=== EXERCISE DATA ===
————————
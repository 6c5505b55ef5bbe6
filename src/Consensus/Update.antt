-- ===== src/Consensus/Update.antt =====
-- consensus/consensus_state.go: `updateToState`, which moves the state machine to the next height.
use go_minimal_pbft.Prelude.{
  ℕ, ◌+◌, false, not, ◌&&◌, Option, none, some, ltb, leb, ◌==◌, u64, is_some, if◌then◌else◌,
}
use go_minimal_pbft.Prelude.Int.{pos, negsuc, ltb_ℤ}
use go_minimal_pbft.RoundStep
use go_minimal_pbft.Messages.{
  height_mismatch, inconsistent_height, initial_height, no_majority_for_commit, last_commit_empty,
}
use go_minimal_pbft.ChainState.{ChainState, is_empty}
use go_minimal_pbft.Interfaces.{Env}
use go_minimal_pbft.Consensus.Monad.{ok, pure, throw, ◌>>=◌, ◌>>◌}
use go_minimal_pbft.Consensus.State.{
  Action, modify_rs, canonical_now, update_height, update_round_step, new_step,
}

module _ (e : Env) where
  -- The `switch` that chooses the commit of the block before.
  unfoldable pub last_commit_for : ChainState e.lib → Action e (Option e.VoteSet)
  last_commit_for state s =
      if state.last_block_height == 0
      then ok none s
      else if ltb_ℤ (negsuc 0) s.commit_round && is_some s.votes
      then if e.has_two_thirds_majority (e.precommits s.votes s.commit_round)
        then ok (e.precommits s.votes s.commit_round) s
        else throw no_majority_for_commit s
      else if is_some s.last_commit
      then ok s.last_commit s
      else throw last_commit_empty s

  -- The height after `state`, as the code computes it.
  abbrev pub height_after : ChainState e.lib → ℕ
  height_after state =
      if u64 (state.last_block_height + 1) == 1
      then state.initial_height
      else u64 (state.last_block_height + 1)

  abbrev new_start_time : Action e ℕ
  unfolding canonical_now
  new_start_time s =
      if s.commit_time == 0
      then (do now ← canonical_now e; pure (e.commit_time_after now)) s
      else ok (e.commit_time_after s.commit_time) s

  abbrev set_chain_state : ChainState e.lib → Action e (Unit {0})
  set_chain_state state s = ok tt (record s { chain_state = state })

  -- The assignments below the `switch`.
  unfoldable pub reset_fields : ChainState e.lib → Option e.VoteSet → Action e (Unit {0})
  unfolding update_height update_round_step canonical_now new_step
  reset_fields state commit = do
    modify_rs e (λ r. record r { last_commit = commit })
    let height = height_after state
    update_height e height
    update_round_step e (pos 0) RoundStep.new_height
    start ← new_start_time
    modify_rs e (λ r. record r {
      start_time = start;
      validators = state.validators;
      proposal = none;
      proposal_block = none;
      locked_round = negsuc 0;
      locked_block = none;
      valid_round = negsuc 0;
      valid_block = none;
      votes = some (e.new_height_vote_set state.chain_id height state.validators);
      commit_round = negsuc 0;
      last_validators = state.last_validators;
      triggered_timeout_precommit = false;
    })
    set_chain_state state
    new_step e

  unfoldable pub move_to : ChainState e.lib → Action e (Unit {0})
  unfolding last_commit_for reset_fields
  move_to state = do commit ← last_commit_for state; reset_fields state commit

  unfoldable pub update_to_state : ChainState e.lib → Action e (Unit {0})
  unfolding move_to new_step
  update_to_state state s =
      let old = s.chain_state in
      if ltb_ℤ (negsuc 0) s.commit_round
        && ltb 0 s.height
        && not (s.height == state.last_block_height)
      then throw height_mismatch s
      else if is_empty e.lib old
      then move_to state s
      else if ltb 0 old.last_block_height && not (u64 (old.last_block_height + 1) == s.height)
      then throw inconsistent_height s
      else if ltb 0 old.last_block_height && s.height == old.initial_height
      then throw initial_height s
      else if leb state.last_block_height old.last_block_height
      then new_step e s
      else move_to state s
————————
=== TASK GOAL ===
Repeat every record, keeping each word and mark exactly as it is.

=== REPLY TO THE TASK ===
repository 6c5505b55ef5bbe6
filename src/Consensus/Update.antt
-- ===== src/Consensus/Update.antt =====
-- consensus/consensus_state.go: `updateToState`, which moves the state machine to the next height.
use go_minimal_pbft.Prelude.{
  ℕ, ◌+◌, false, not, ◌&&◌, Option, none, some, ltb, leb, ◌==◌, u64, is_some, if◌then◌else◌,
}
use go_minimal_pbft.Prelude.Int.{pos, negsuc, ltb_ℤ}
use go_minimal_pbft.RoundStep
use go_minimal_pbft.Messages.{
  height_mismatch, inconsistent_height, initial_height, no_majority_for_commit, last_commit_empty,
}
use go_minimal_pbft.ChainState.{ChainState, is_empty}
use go_minimal_pbft.Interfaces.{Env}
use go_minimal_pbft.Consensus.Monad.{ok, pure, throw, ◌>>=◌, ◌>>◌}
use go_minimal_pbft.Consensus.State.{
  Action, modify_rs, canonical_now, update_height, update_round_step, new_step,
}

module _ (e : Env) where
  -- The `switch` that chooses the commit of the block before.
  unfoldable pub last_commit_for : ChainState e.lib → Action e (Option e.VoteSet)
  last_commit_for state s =
      if state.last_block_height == 0
      then ok none s
      else if ltb_ℤ (negsuc 0) s.commit_round && is_some s.votes
      then if e.has_two_thirds_majority (e.precommits s.votes s.commit_round)
        then ok (e.precommits s.votes s.commit_round) s
        else throw no_majority_for_commit s
      else if is_some s.last_commit
      then ok s.last_commit s
      else throw last_commit_empty s

  -- The height after `state`, as the code computes it.
  abbrev pub height_after : ChainState e.lib → ℕ
  height_after state =
      if u64 (state.last_block_height + 1) == 1
      then state.initial_height
      else u64 (state.last_block_height + 1)

  abbrev new_start_time : Action e ℕ
  unfolding canonical_now
  new_start_time s =
      if s.commit_time == 0
      then (do now ← canonical_now e; pure (e.commit_time_after now)) s
      else ok (e.commit_time_after s.commit_time) s

  abbrev set_chain_state : ChainState e.lib → Action e (Unit {0})
  set_chain_state state s = ok tt (record s { chain_state = state })

  -- The assignments below the `switch`.
  unfoldable pub reset_fields : ChainState e.lib → Option e.VoteSet → Action e (Unit {0})
  unfolding update_height update_round_step canonical_now new_step
  reset_fields state commit = do
    modify_rs e (λ r. record r { last_commit = commit })
    let height = height_after state
    update_height e height
    update_round_step e (pos 0) RoundStep.new_height
    start ← new_start_time
    modify_rs e (λ r. record r {
      start_time = start;
      validators = state.validators;
      proposal = none;
      proposal_block = none;
      locked_round = negsuc 0;
      locked_block = none;
      valid_round = negsuc 0;
      valid_block = none;
      votes = some (e.new_height_vote_set state.chain_id height state.validators);
      commit_round = negsuc 0;
      last_validators = state.last_validators;
      triggered_timeout_precommit = false;
    })
    set_chain_state state
    new_step e

  unfoldable pub move_to : ChainState e.lib → Action e (Unit {0})
  unfolding last_commit_for reset_fields
  move_to state = do commit ← last_commit_for state; reset_fields state commit

  unfoldable pub update_to_state : ChainState e.lib → Action e (Unit {0})
  unfolding move_to new_step
  update_to_state state s =
      let old = s.chain_state in
      if ltb_ℤ (negsuc 0) s.commit_round
        && ltb 0 s.height
        && not (s.height == state.last_block_height)
      then throw height_mismatch s
      else if is_empty e.lib old
      then move_to state s
      else if ltb 0 old.last_block_height && not (u64 (old.last_block_height + 1) == s.height)
      then throw inconsistent_height s
      else if ltb 0 old.last_block_height && s.height == old.initial_height
      then throw initial_height s
      else if leb state.last_block_height old.last_block_height
      then new_step e s
      else move_to state s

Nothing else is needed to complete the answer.